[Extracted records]
★ ★ ★ ★ ★

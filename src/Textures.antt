-- ===== src/Textures.antt =====
-- Skins and capes in common.go: validation, reading and writing of texture files, the user's row,
-- and the removal of files that no user has. The mutexes that keep two requests from writing one
-- file at once are left out: each handler runs alone here.
pub mod Files
use yggdrasil_authentication.Base.{
  ℕ, ◌*◌, Bool, true, false, not, ◌&&◌, Option, none, some, List, [], ◌∷◌, ◌++◌, ◌==◌, nat_eq, Text,
  text, length, take, leb, if◌then◌else◌,
}
use yggdrasil_authentication.Base.Int.{ℤ, pos, ltb_ℤ}
use yggdrasil_authentication.Types.{
  Result, ok, err, Error, errors_new, User, Time, Invite, Client, NullString,
}
use yggdrasil_authentication.Platform.{Platform, Reader, Stat, exists, not_exist, stat_failed}
use yggdrasil_authentication.Action.{
  App, Action, World, Exit, next, reply, fail, panic, ◌>>=◌, ◌>>◌, pure, or_return, check, when,
  write, query, read_files, write_files,
}
use yggdrasil_authentication.Random.{hex_encode}
use yggdrasil_authentication.Model.Ids.{make_null_string, unmake_null_string}

-- The limit of `io.LimitReader` in `ReadTexture`.
abbrev pub texture_limit : ℕ
texture_limit = 10000000

module _ ⦃P : Platform⦄ (app : App P) where
  -- `GetSkinPath` and `GetCapePath`.
  unfoldable pub get_skin_path : Text → Text
  get_skin_path hash =
      P.path_join (P.path_join app.config.state_directory (text "skin")) (hash ++ text ".png")

  unfoldable pub get_cape_path : Text → Text
  get_cape_path hash =
      P.path_join (P.path_join app.config.state_directory (text "cape")) (hash ++ text ".png")

  -- The check of the width against SkinSizeLimit: nil, or the error.
  unfoldable pub check_width : ℕ → Option Error
  check_width width =
      if ltb_ℤ (pos 0) app.config.skin_size_limit && ltb_ℤ app.config.skin_size_limit (pos width)
      then some (
          errors_new (
            text "texture must not be greater than "
            ++ (P.format_int app.config.skin_size_limit ++ text " pixels wide")))
      else none

  -- `ValidateSkin` and `ValidateCape`: nil or the error. The reader that they return gives the
  -- bytes of the one that they are given.
  unfoldable pub validate_skin : Reader → Option Error
  validate_skin reader = elim (P.png_decode_config reader) [
    | err e ↦ some e
    | ok size ↦
        if not (size.0 == size.1)
        then some (errors_new (text "texture must be square"))
        else check_width size.0
  ]

  unfoldable pub validate_cape : Reader → Option Error
  validate_cape reader = elim (P.png_decode_config reader) [
    | err e ↦ some e
    | ok size ↦
        if not (size.0 == 2 * size.1)
        then some (errors_new (text "cape's width must be twice its height"))
        else check_width size.0
  ]

  -- What `buf.ReadFrom(limitedReader)` reads: an error of the reader is met under the limit only.
  unfoldable pub read_limited : Reader → Result Text
  read_limited reader =
      if leb texture_limit (length reader.bytes)
      then ok (take texture_limit reader.bytes)
      else elim (reader.broken) [ none ↦ ok reader.bytes | some e ↦ err e ]

  -- `ReadTexture`: the bytes and their hash.
  unfoldable pub read_texture : Reader → Result (Text × Text)
  read_texture reader = elim (read_limited reader) [
    | err e ↦ err e
    | ok buf ↦ ok (buf, hex_encode (P.blake3_sum256 buf))
  ]

  -- The part of `WriteSkin` and `WriteCape` that makes the file.
  unfoldable pub create_texture : Text → Text → Action (Unit {0})
  create_texture path buf = do
    made ← write_files (P.mkdir_all (P.path_dir path))
    check made
    created ← write_files (P.create path)
    check created
    written ← write_files (P.write_to path buf)
    check written

  -- `WriteSkin` and `WriteCape` at the path of the file, which is left alone if it exists.
  unfoldable pub write_texture : Text → Text → Action (Unit {0})
  write_texture path buf = do
    stat ← read_files (P.stat path)
    elim stat [
      | exists ↦ pure tt
      | stat_failed e ↦ check (some e)
      | not_exist ↦ create_texture path buf
    ]

  -- `DeleteSkinIfUnused` and `DeleteCapeIfUnused`, given the query for a user with that hash and the
  -- path of the file.
  unfoldable pub delete_if_unused :
      (Text → P.Db → Result Bool) → (Text → Text) → Option Text → Action (Unit {0})
  delete_if_unused hash_in_use get_path none = pure tt
  delete_if_unused hash_in_use get_path (some hash) = do
    in_use ← query (hash_in_use hash) >>= or_return
    when (not in_use) (write_files (P.remove (get_path hash)) >>= check)

  unfoldable pub delete_skin_if_unused : Option Text → Action (Unit {0})
  delete_skin_if_unused = delete_if_unused P.skin_hash_in_use get_skin_path

  unfoldable pub delete_cape_if_unused : Option Text → Action (Unit {0})
  delete_cape_if_unused = delete_if_unused P.cape_hash_in_use get_cape_path

  -- The texture that a set handler stores: nothing without a reader, or the bytes and their hash.
  unfoldable pub load_texture :
      (Reader → Option Error) → Option Reader → Action (Option (Text × Text))
  load_texture validate none = pure none
  load_texture validate (some reader) = do
    check (validate reader)
    read ← or_return (read_texture reader)
    pure (some read)

  -- The hash of a stored texture, as the column has it.
  abbrev pub hash_column : Option (Text × Text) → NullString
  hash_column none = make_null_string none
  hash_column (some (buf, hash)) = make_null_string (some hash)

  -- The file of a stored texture.
  unfoldable pub store_texture : (Text → Text) → Option (Text × Text) → Action (Unit {0})
  store_texture get_path none = pure tt
  store_texture get_path (some (buf, hash)) = write_texture (get_path hash) buf

  -- `SetSkinAndSave`: the user afterwards.
  unfoldable pub set_skin_and_save : User → Option Reader → Action User
  set_skin_and_save user reader = do
    loaded ← load_texture validate_skin reader
    let changed = record user { skin_hash = hash_column loaded }
    saved ← write (P.save_user changed)
    check saved
    store_texture get_skin_path loaded
    delete_skin_if_unused (unmake_null_string user.skin_hash)
    pure changed

  -- `SetCapeAndSave`.
  unfoldable pub set_cape_and_save : User → Option Reader → Action User
  set_cape_and_save user reader = do
    loaded ← load_texture validate_cape reader
    let changed = record user { cape_hash = hash_column loaded }
    saved ← write (P.save_user changed)
    check saved
    store_texture get_cape_path loaded
    delete_cape_if_unused (unmake_null_string user.cape_hash)
    pure changed

  -- `DeleteUser`.
  unfoldable pub delete_user : User → Action (Unit {0})
  delete_user user = do
    deleted ← write (P.delete_user user)
    check deleted
    delete_skin_if_unused (unmake_null_string user.skin_hash)
    delete_cape_if_unused (unmake_null_string user.cape_hash)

★ ★ ★ ★ ★

— GOAL OF THE EXERCISE —
Look above for the line containing "if not (size.0 == 2 * size.1)" and the line containing "then ok (take". Transcribe both, with the lines between them, exactly.

— EXERCISE OUTPUT —
        if not (size.0 == 2 * size.1)
        then some (errors_new (text "cape's width must be twice its height"))
        else check_width size.0
  ]

  -- What `buf.ReadFrom(limitedReader)` reads: an error of the reader is met under the limit only.
  unfoldable pub read_limited : Reader → Result Text
  read_limited reader =
      if leb texture_limit (length reader.bytes)
      then ok (take texture_limit reader.bytes)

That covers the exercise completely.